--- START ---

-- ===== src/Kafka/Backoff/Bounds.antt =====
-- The bounds of the delays of pkg/kafkax/backoff.go.
use native.Mathlib.Nat.{pow-le-pow_right}
use gosplash.Prelude.{ℕ, ◌*◌, ◌^◌, ◌≤◌, ◌≡◌, arith, ◌+◌}
use gosplash.Prelude.Int.{ℤ, pos, ◌≤ℤ◌, ◌+ℤ◌, wrap64, wrap64-eq, int_laws, negsuc}
use gosplash.Kafka.Backoff.{shift_of, ceiling, backoff, max_shift, backoff_base, backoff_cap}

shift_le : (a : ℤ) → shift_of a ≤ max_shift
unfolding shift_of
shift_le a = ground arith

shift_mono : (a b : ℤ) → a ≤ℤ b → shift_of a ≤ shift_of b
unfolding shift_of
shift_mono a b h = ground arith

-- The exponential, and its range: nothing overflows.
power_range : (s : ℕ) → s ≤ max_shift → (1 ≤ 2 ^ s) × (2 ^ s ≤ 1048576)
power_range s h = (
  pow-le-pow_right {n = 2} (omega arith) {i = 0} {j = s} (omega arith),
  pow-le-pow_right {n = 2} (omega arith) {i = s} {j = 20} h,
)

exponential_eq :
    (a : ℤ) → wrap64 (pos (backoff_base * 2 ^ shift_of a)) ≡ pos (backoff_base * 2 ^ shift_of a)
exponential_eq a =
    let r = power_range (shift_of a) (shift_le a) in
    wrap64-eq (pos (backoff_base * 2 ^ shift_of a)) (omega (arith, r.1), omega arith)

ceiling_range : (a : ℤ) → (pos 200000000 ≤ℤ ceiling a) × (ceiling a ≤ℤ backoff_cap)
unfolding ceiling
ceiling_range a =
    let r = power_range (shift_of a) (shift_le a) in rw (exponential_eq a) (ground (arith, r))

ceiling_mono : (a b : ℤ) → a ≤ℤ b → ceiling a ≤ℤ ceiling b
unfolding ceiling
ceiling_mono a b h =
    let p : 2 ^ shift_of a ≤ 2 ^ shift_of b =
      pow-le-pow_right {n = 2} (omega arith) (shift_mono a b h) in
    rw (exponential_eq a, exponential_eq b) (ground (arith, p))

pub next_pos : (n : ℕ) → pos n +ℤ pos 1 ≡ pos (n + 1)
unfolding ◌+ℤ◌
next_pos n = ground arith

-- One more than the largest delay is still a positive 64-bit number.
after_one :
    (c : ℤ)
    → pos 200000000 ≤ℤ c
    → c ≤ℤ backoff_cap
    → (wrap64 (c +ℤ pos 1) ≡ c +ℤ pos 1) × (pos 1 ≤ℤ c +ℤ pos 1)
after_one (pos n) lo hi = (
  rw (next_pos n) (wrap64-eq (pos (n + 1)) (omega (arith, hi), omega arith)),
  rw (next_pos n) (omega arith),
)
after_one (negsuc n) lo hi = ground arith

less_one : (d c : ℤ) → d +ℤ pos 1 ≤ℤ c +ℤ pos 1 → d ≤ℤ c
less_one d c h = omega (int_laws, h)

-- The largest delay grows with the attempt, from 200 ms to at most 30 s, also for an attempt below
-- one or far beyond the range of a shift; and a draw that stays below its bound gives a delay from
-- 0 to that largest delay.
backoff_bounds :
    (int64_n : ℤ → ℤ)
    → ((n : ℤ) → pos 1 ≤ℤ n → (pos 0 ≤ℤ int64_n n) × (int64_n n +ℤ pos 1 ≤ℤ n))
    → (a b : ℤ) → a ≤ℤ b
    → (pos 200000000 ≤ℤ ceiling a)
      × (ceiling a ≤ℤ ceiling b)
      × (ceiling b ≤ℤ backoff_cap)
      × (pos 0 ≤ℤ backoff int64_n a)
      × (backoff int64_n a ≤ℤ ceiling a)
unfolding backoff
backoff_bounds int64_n draws a b h =
    let r = ceiling_range a in
    let s = after_one (ceiling a) r.0 r.1 in
    let d = draws (ceiling a +ℤ pos 1) s.1 in
    (
      r.0,
      ceiling_mono a b h,
      (ceiling_range b).1,
      rw s.0 d.0,
      rw s.0 (less_one (int64_n (ceiling a +ℤ pos 1)) (ceiling a) d.1),
    )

--- END ---

> **Exercise brief**
Retype, without any change, the lines from the one containing "(shift_mono a b h) in" through the final line of the material above, and no others.

> **Answer to the problem**
      pow-le-pow_right {n = 2} (omega arith) (shift_mono a b h) in
    rw (exponential_eq a, exponential_eq b) (ground (arith, p))

pub next_pos : (n : ℕ) → pos n +ℤ pos 1 ≡ pos (n + 1)
unfolding ◌+ℤ◌
next_pos n = ground arith

-- One more than the largest delay is still a positive 64-bit number.
after_one :
    (c : ℤ)
    → pos 200000000 ≤ℤ c
    → c ≤ℤ backoff_cap
    → (wrap64 (c +ℤ pos 1) ≡ c +ℤ pos 1) × (pos 1 ≤ℤ c +ℤ pos 1)
after_one (pos n) lo hi = (
  rw (next_pos n) (wrap64-eq (pos (n + 1)) (omega (arith, hi), omega arith)),
  rw (next_pos n) (omega arith),
)
after_one (negsuc n) lo hi = ground arith

less_one : (d c : ℤ) → d +ℤ pos 1 ≤ℤ c +ℤ pos 1 → d ≤ℤ c
less_one d c h = omega (int_laws, h)

-- The largest delay grows with the attempt, from 200 ms to at most 30 s, also for an attempt below
-- one or far beyond the range of a shift; and a draw that stays below its bound gives a delay from
-- 0 to that largest delay.
backoff_bounds :
    (int64_n : ℤ → ℤ)
    → ((n : ℤ) → pos 1 ≤ℤ n → (pos 0 ≤ℤ int64_n n) × (int64_n n +ℤ pos 1 ≤ℤ n))
    → (a b : ℤ) → a ≤ℤ b
    → (pos 200000000 ≤ℤ ceiling a)
      × (ceiling a ≤ℤ ceiling b)
      × (ceiling b ≤ℤ backoff_cap)
      × (pos 0 ≤ℤ backoff int64_n a)
      × (backoff int64_n a ≤ℤ ceiling a)
unfolding backoff
backoff_bounds int64_n draws a b h =
    let r = ceiling_range a in
    let s = after_one (ceiling a) r.0 r.1 in
    let d = draws (ceiling a +ℤ pos 1) s.1 in
    (
      r.0,
      ceiling_mono a b h,
      (ceiling_range b).1,
      rw s.0 d.0,
      rw s.0 (less_one (int64_n (ceiling a +ℤ pos 1)) (ceiling a) d.1),
    )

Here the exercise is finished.